CSI of a phantom containing HP ¹³C-EAC (15 mM) in PBS (right tube) and liver homogenate (left tube), a-d) Signal intensity images of HP ¹³CO₂, ¹³C-MAC, H¹³CO₃⁻, and ¹³C-EAC, A total HP ¹³C intensity map and a ¹H reference image are shown in e) and f), respectively. g-h) ¹³C spectra of the region-of-interest (ROI) depicted in e). The left and right intensity histograms are for images a-c and images d-e, respectively. CSI parameters: matrix = 8×8, FOV = 45×45 mm2, slice thickness = 10 mm, flip angle = 10 deg, number of points = 512; spectral width = 5 kHz.
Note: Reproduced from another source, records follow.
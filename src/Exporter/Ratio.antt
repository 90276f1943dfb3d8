-- ===== src/Exporter/Ratio.antt =====
-- The remaining lifetime that the exporter gives is a ratio.
use certinv.Prelude.{
  pos, leb_ℤ, Bool, true, false, List, [], ◌∷◌, ◌++◌, map, select, All, ◌≡◌, inl, inr, Bool-cases,
}
use certinv.Clock.{Time, Duration, sub}
use certinv.Config.{Float64}
use certinv.Result.{Result, ok, err}
use certinv.Store.Snapshots.{CertificateMetric, HostMetric, MetricsSnapshot, flat_map}
use certinv.Exporter.{
  Division, Exporter, cert_not_after, cert_lifetime_days, cert_remaining_ratio, host_reachable,
  scan_duration, scan_last_success, Sample, remaining_ratio, certificate_samples, host_sample,
  snapshot_samples, collect,
}

abbrev pub is_ratio : {F : Type 0} → Sample F → Bool
is_ratio s = elim s.metric [
  | cert_remaining_ratio ↦ true
  | cert_not_after ↦ false
  | cert_lifetime_days ↦ false
  | host_reachable ↦ false
  | scan_duration ↦ false
  | scan_last_success ↦ false
]

-- the number lies between 0 and 1
abbrev pub InUnit : (float : Float64) → float.F → Type 0
InUnit float x =
    (float.le (float.of_int (pos 0)) x ≡ true) × (float.le x (float.of_int (pos 1)) ≡ true)

-- What is used of `float64`: 0 and 1 lie between 0 and 1; and the quotient of two positive durations is
-- not below 0, and, since it is a number, is not above 1 where 1 is not below it.
pub record IsOrdered (float : Float64) (division : Division float) : Type 0 where
  pub zero : InUnit float (float.of_int (pos 0))
  pub one : InUnit float (float.of_int (pos 1))
  pub quotient :
      (a b : Duration)
      → leb_ℤ a (pos 0) ≡ false
      → leb_ℤ b (pos 0) ≡ false
      → float.lt (float.of_int (pos 1)) (division.div (division.seconds a) (division.seconds b))
        ≡ false
      → InUnit float (division.div (division.seconds a) (division.seconds b))

module _ (float : Float64) (division : Division float) (ordered : IsOrdered float division) where
  remaining_ratio-InUnit :
      (cert : CertificateMetric) (now : Time)
      → InUnit float (remaining_ratio float division cert now)
  unfolding remaining_ratio
  remaining_ratio-InUnit cert now =
      let lifetime = sub cert.not_after cert.not_before in
      let remaining = sub cert.not_after now in
      elim (Bool-cases (leb_ℤ lifetime (pos 0))) [
        | inl y ↦ rw y ordered.zero
        | inr n ↦ elim (Bool-cases (leb_ℤ remaining (pos 0))) [
          | inl y ↦ rw (n, y) ordered.zero
          | inr m ↦
              elim (Bool-cases (
                float.lt (float.of_int (pos 1))
                  (division.div (division.seconds remaining) (division.seconds lifetime)))) [
                    | inl y ↦ rw (n, m, y) ordered.one
                    | inr k ↦ rw (n, m, k) (ordered.quotient remaining lifetime m n k)
                  ]
        ]
      ]

  -- a sample that is a ratio lies between 0 and 1
  abbrev Ratios : List (Sample float.F) → Type 0
  Ratios samples = All (λ s. InUnit float s.value) (select is_ratio samples)

  Ratios-append : (xs ys : List (Sample float.F)) → Ratios xs → Ratios ys → Ratios (xs ++ ys)
  unfolding select
  Ratios-append [] ys hx hy = hy
  Ratios-append (x ∷ xs) ys hx hy = elim (Bool-cases (is_ratio x)) [
    | inl y ↦ rw y ((rw y at hx).0, Ratios-append xs ys (rw y at hx).1 hy)
    | inr n ↦ rw n (Ratios-append xs ys (rw n at hx) hy)
  ]

  certificates-Ratios :
      (now : Time) (certs : List CertificateMetric)
      → Ratios (flat_map (certificate_samples float division now) certs)
  unfolding flat_map select
  certificates-Ratios now [] = tt
  certificates-Ratios now (c ∷ certs) =
      (remaining_ratio-InUnit c now, certificates-Ratios now certs)

  hosts-Ratios : (hosts : List HostMetric) → Ratios (map (host_sample float division) hosts)
  unfolding select
  hosts-Ratios [] = tt
  hosts-Ratios (h ∷ hosts) = hosts-Ratios hosts

  snapshot-Ratios :
      (now : Time) (snapshot : Result MetricsSnapshot)
      → Ratios (snapshot_samples float division now snapshot)
  unfolding select
  snapshot-Ratios now (err e) = tt
  snapshot-Ratios now (ok s) =
      Ratios-append (flat_map (certificate_samples float division now) s.certificates)
        (map (host_sample float division) s.hosts) (certificates-Ratios now s.certificates)
        (hosts-Ratios s.hosts)

  -- Every ratio of the remaining lifetime that the exporter gives lies between 0 and 1, at any time,
  -- also for a certificate that has expired, is not yet valid or ends before it begins, and whether or
  -- not the store could be read. Of `float64`, the theorem asks that 0 and 1 lie between 0 and 1, and
  -- that the quotient of two positive durations is not below 0, nor above 1 unless 1 is below it.
  pub collect-InUnit :
      (e : Exporter float.F) (now : Time) (snapshot : Result MetricsSnapshot)
      → All
          (λ (s : Sample float.F). InUnit float s.value)
          (select is_ratio (collect float division e now snapshot))
  unfolding collect select
  collect-InUnit e now snapshot =
      Ratios-append (snapshot_samples float division now snapshot) _ (snapshot-Ratios now snapshot)
        tt
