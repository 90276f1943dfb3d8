-- ===== src/Store.antt =====
-- internal/store/sqlite/sqlite.go and internal/store/store.go.
pub mod Table
pub mod Schema
pub mod Exec
pub mod Hosts
pub mod Certificates
pub mod Events
pub mod Managed
pub mod Snapshots
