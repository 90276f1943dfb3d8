-- ===== src/Store/Certificates/States.antt =====
-- The stored state of a host's certificate is the one that was stored last.
use certinv.Prelude.{
  ℕ, nat_eq, String, true, false, ◌&&◌, find, if◌then◌else◌, ◌==◌, eq_iff, eq_refl, ◌≡◌, refl,
  subst, sym, ap, ◌∙◌, arith, inl, inr, Option-cases, Bool-cases,
}
use certinv.Clock.{Time, Stamp, format_time}
use certinv.Result.{ok}
use certinv.Store.Schema.{Db, StateRow}
use certinv.Store.Table.Laws.{find-upsert_self, find-upsert_other}
use certinv.Store.Exec.{Conn, Driver}
use certinv.Store.Exec.Laws.{statement-eq-ok}
use certinv.Store.Certificates.{
  is_state, put_state, state_of, get_certificate_state, set_certificate_state,
}

is_state_self :
    (h : ℕ) (fp : String) (s : String) (t : Stamp)
    → is_state h fp (record { host_id = h; fingerprint = fp; state = s; updated_at = t }) ≡ true
is_state_self h fp s t = ground (arith, eq_refl fp)

same_key_eq : (h k : ℕ) (fp gp : String) → nat_eq h k && fp == gp ≡ true → (h ≡ k) × (fp ≡ gp)
same_key_eq h k fp gp y = ground (arith, eq_iff fp gp)

-- one row has one key
is_state_other :
    (h k : ℕ) (fp gp : String) (r : StateRow)
    → is_state h fp r ≡ true
    → nat_eq h k && fp == gp ≡ false
    → is_state k gp r ≡ false
is_state_other h k fp gp r y n =
    ground (arith, eq_iff r.fingerprint fp, eq_iff r.fingerprint gp, eq_iff fp gp)

state_of-put_state_self :
    (h : ℕ) (fp s : String) (t : Stamp) (db : Db) → state_of h fp (put_state h fp s t db) ≡ s
unfolding state_of put_state
state_of-put_state_self h fp s t db =
    let found =
      find-upsert_self (is_state h fp)
        (record { host_id = h; fingerprint = fp; state = s; updated_at = t })
        (λ r. record r { state = s; updated_at = t }) db.certificate_states (is_state_self h fp s t)
        (λ r y. y) in
    elim (Option-cases (find (is_state h fp) db.certificate_states)) [
      | inl miss ↦ rw (found, state_of, miss) refl
      | inr (r, hit) ↦ rw (found, state_of, hit) refl
    ]

state_of-put_state_other :
    (h k : ℕ) (fp gp s : String) (t : Stamp) (db : Db)
    → nat_eq h k && fp == gp ≡ false
    → state_of k gp (put_state h fp s t db) ≡ state_of k gp db
unfolding state_of put_state
state_of-put_state_other h k fp gp s t db n =
    rw
      (
        state_of,
        find-upsert_other (is_state h fp) (is_state k gp)
            (record { host_id = h; fingerprint = fp; state = s; updated_at = t })
            (λ r. record r { state = s; updated_at = t }) db.certificate_states
            (is_state_other h k fp gp
              (record { host_id = h; fingerprint = fp; state = s; updated_at = t })
              (is_state_self h fp s t) n)
            (λ r y. is_state_other h k fp gp r y n) (λ r y. is_state_other h k fp gp r y n),
      )
      refl

-- After a successful `SetCertificateState`, a successful `GetCertificateState` returns the state that
-- was set, if it asks for the same host and fingerprint, and otherwise what was stored before.
pub get-set_certificate_state :
    (driver : Driver) (h k : ℕ) (fp gp s read : String) (now : Time) (c : Conn)
    → (set_certificate_state driver h fp s now c).0 ≡ ok tt
    → (get_certificate_state driver k gp (set_certificate_state driver h fp s now c).1).0 ≡ ok read
    → read ≡ (if nat_eq h k && fp == gp then s else state_of k gp c.db)
unfolding set_certificate_state get_certificate_state
get-set_certificate_state driver h k fp gp s read now c put got =
    let stored =
      statement-eq-ok driver "set certificate state"
        (λ db. (tt, put_state h fp s (format_time now) db)) c tt put in
    let asked =
      statement-eq-ok driver "get certificate state" (λ db. (state_of k gp db, db))
        (set_certificate_state driver h fp s now c).1 read got in
    let read_from = sym asked.0 ∙ ap (state_of k gp) stored.1 in
    elim (Bool-cases (nat_eq h k && fp == gp)) [
      | inl same ↦
          let (hk, fg) = same_key_eq h k fp gp same in
          let after = put_state h fp s (format_time now) c.db in
          rw same (
            read_from
            ∙ subst (λ j. state_of j gp after ≡ s) hk
                (subst (λ g. state_of h g after ≡ s) fg
                  (state_of-put_state_self h fp s (format_time now) c.db)))
      | inr other ↦
          rw other (read_from ∙ state_of-put_state_other h k fp gp s (format_time now) c.db other)
    ]
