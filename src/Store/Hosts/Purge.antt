-- ===== src/Store/Hosts/Purge.antt =====
-- `PurgeHost` as a transaction.
use certinv.Prelude.{ℕ, ℤ, nat_eq, String, false, Option, none, some, any, ◌≡◌, ◌⊎◌, select, not}
use certinv.Store.Schema.{Db}
use certinv.Store.Hosts.{
  is_suppressed, host_id_of, delete_suppressed, delete_hosts, delete_states,
  delete_host_certificates,
}

-- exactly the rows of one host are gone: its own, its links, its states
pub record Forgets (id : ℕ) (before after : Db) : Type 0 where
  pub hosts : after.hosts ≡ select (λ r. not (nat_eq r.id id)) before.hosts
  pub links :
      after.host_certificates ≡ select (λ r. not (nat_eq r.host_id id)) before.host_certificates
  pub states :
      after.certificate_states ≡ select (λ r. not (nat_eq r.host_id id)) before.certificate_states

-- those tables are as before
pub record IsUntouched (before after : Db) : Type 0 where
  pub hosts : after.hosts ≡ before.hosts
  pub links : after.host_certificates ≡ before.host_certificates
  pub states : after.certificate_states ≡ before.certificate_states

pub record IsPurged (hostname : String) (port : ℤ) (before after : Db) : Type 0 where
  pub suppressed : any (is_suppressed hostname port) after.suppressed_hosts ≡ false
  pub rows :
      ((id : ℕ) × (host_id_of hostname port before ≡ some id) × Forgets id before after)
      ⊎ ((host_id_of hostname port before ≡ none) × IsUntouched before after)
  pub history : (after.events ≡ before.events) × (after.certificates ≡ before.certificates)

-- what the body of the transaction makes of the tables
abbrev purged : String → ℤ → Option ℕ → Db → Db
purged hostname port none db = delete_suppressed hostname port db
purged hostname port (some id) db =
    delete_suppressed hostname port
      (delete_hosts id (delete_states id (delete_host_certificates id db)))
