-- ===== src/Store/Table/Lookup.antt =====
-- A table that has a key, as a finite map from keys to values.
use certinv.Prelude.{
  Bool, true, false, Option, none, some, List, find, ◌≡◌, ap, ◌∙◌, subst, inl, inr, Bool-cases,
  if◌then◌else◌,
}
use certinv.Store.Table.{delete_where, upsert}
use certinv.Store.Table.Laws.{
  find-upsert_self, find-upsert_other, find-delete_where_other, any-delete_where, find-none_of_any,
}

module _ {K V : Type 0} (same : K → K → Bool) where
  unfoldable pub insert : K → V → (K → Option V) → K → Option V
  insert k v m j = if same k j then some v else m j

  unfoldable pub remove : K → (K → Option V) → K → Option V
  remove k m j = if same k j then none else m j

abbrev value_of : {R V : Type 0} → (R → V) → Option R → Option V
value_of value none = none
value_of value (some r) = some (value r)

module _ {K V R : Type 0} (has_key : K → R → Bool) (value : R → V) where
  unfoldable pub lookup : K → List R → Option V
  lookup k rows = value_of value (find (has_key k) rows)

  module _ (same : K → K → Bool) (eq : (k j : K) → same k j ≡ true → k ≡ j)
      (apart : (k j : K) (r : R)
        → has_key k r ≡ true
        → same k j ≡ false
        → has_key j r ≡ false) where
    pub lookup-delete_where :
        (k j : K) (rows : List R)
        → lookup j (delete_where (has_key k) rows) ≡ remove same k (λ i. lookup i rows) j
    unfolding lookup remove
    lookup-delete_where k j rows = elim (Bool-cases (same k j)) [
      | inl y ↦ rw y (
          subst (λ i. value_of value (find (has_key i) (delete_where (has_key k) rows)) ≡ none)
            (eq k j y)
            (ap (value_of value) (
              find-none_of_any (has_key k) (delete_where (has_key k) rows)
                (any-delete_where (has_key k) rows))))
      | inr n ↦ rw n (
          ap (value_of value)
            (find-delete_where_other (has_key k) (has_key j) (λ r h. apart k j r h n) rows))
    ]

    pub lookup-upsert :
        (k j : K) (v : V) (row : R) (f : R → R) (rows : List R)
        → has_key k row ≡ true
        → ((r : R) → has_key k r ≡ true → has_key k (f r) ≡ true)
        → value row ≡ v
        → ((r : R) → value (f r) ≡ v)
        → lookup j (upsert (has_key k) row f rows) ≡ insert same k v (λ i. lookup i rows) j
    unfolding lookup insert
    lookup-upsert k j v row f rows own keep new old = elim (Bool-cases (same k j)) [
      | inl y ↦ rw y (
          subst (λ i. value_of value (find (has_key i) (upsert (has_key k) row f rows)) ≡ some v)
            (eq k j y)
            (ap (value_of value) (find-upsert_self (has_key k) row f rows own keep)
              ∙ elim (find (has_key k) rows)
                  as (λ found.
                    value_of value (some (elim found [ some r ↦ f r | none ↦ row ])) ≡ some v) [
                      | none ↦ ap some new
                      | some r ↦ ap some (old r)
                    ]))
      | inr n ↦ rw n (
          ap (value_of value) (
            find-upsert_other (has_key k) (has_key j) row f rows (apart k j row own n)
              (λ r h. apart k j r h n) (λ r h. apart k j (f r) (keep r h) n)))
    ]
Finally, HP ¹³C-EAC was also presented to live animals. In this experiment, rats were administered with a solution of HP ¹³C-EAC in PBS (3 mL, ~80 mM) via a tail vein catheter after a quick removal of BDPA by filtration. Sequential ¹³C NMR spectra collected form the liver region only (n= 3) were acquired every 3 s using 20-deg pulses. A HP ¹³C spectrum (sum of 7 spectra) over 21-s period after the HP ¹³C-EAC injection is shown in Fig. 4a, showing all expected HP ¹³C species. Our results showed that HP ¹³C-MAC, ¹³CO₂, and H¹³CO₃⁻ peaks appeared soon after the injection of HP ¹³C-EAC (Fig. 4b). The signal of the parent compound HP ¹³C-EAC was very small in every spectrum compared to its downstream metabolites. This indicates that the hydrolysis of ¹³C-EAC by esterase is very rapid in vivo. Although the HP ¹³C-MAC and HP H¹³CO₃⁻ peaks in this in vivo result are somewhat overlapped due to greater field inhomogeneity, the two resonances are resolved and the peak intensities of the two HP compounds can be quantified by peak fittings using Gaussian and Lorentzian functions (Fig. S6). The intensities of the H¹³CO₃⁻ and ¹³CO₂ signals are plotted as a function of time in Fig. 4b. A ratio between HP H ¹³CO₃⁻ and ¹³CO₂ signal intensities was calculated over 21 s (7 time points) while HP ¹³CO₂ signal intensity can be reliably measured. A bar graph showing an average value of these ratios are shown in Fig. 4c. From these values, the average HP H¹³CO₃⁻/¹³CO₂ signal intensity ratio was 11.9:1 and the average pH value was 7.24 ± 0.08 (Fig. 4d). This value agrees very well with the pH of rat livers reported previously.²⁷ It is important to note that in all three rats injected with HP ¹³C-EAC, there were no visible signs of acute toxicity following the injection as observed from the normal heart and respiratory rates. All rats also recovered normally after the experiments, suggesting that ¹³C-EAC is biocompatible.

Fig. 4. In vivo pH measurements of a rat liver.

a) A ¹³C NMR spectrum of rat liver following HP ¹³C-EAC (80 mM in PBS) administration. The spectrum is a sum of 7 spectra acquired every 3 s over 21 s with 10-deg pulses at 4.7T; b) signal intensities of HP H¹³CO₃⁻ and ¹³CO₂ from the rat liver; c) average HP H ¹³CO₃⁻/¹³CO₂ signal ratio calculated over 21 s; d) average liver pH value estimated from the HP H¹³CO₃⁻/¹³CO₂ ratio; and e) a ¹H reference image showing the liver for HP ¹³C MRS.

In conclusion, we have demonstrated that tissue pH can be measured in vivo using HP ¹³C-EAC. Taking advantage of the abundant esterase and carbonic anhydrase activities in mammalian tissues, HP ¹³CO₂ and H¹³CO₃⁻ can be rapidly produced in situ and tissue pH can be calculated from HP ¹³C signal ratios of the physiological buffer pair. The T₁, reasonable chemical stability, and high polarization level of HP ¹³C-EAC are also advantageous for HP ¹³C imaging applications, potentially allowing for pre-injection quality control procedures such as radical removal without a significant signal loss. The results suggest that HP ¹³C-EAC is an attractive pH imaging agent for in vivo assessment of abnormal tissue pH associated with many diseases.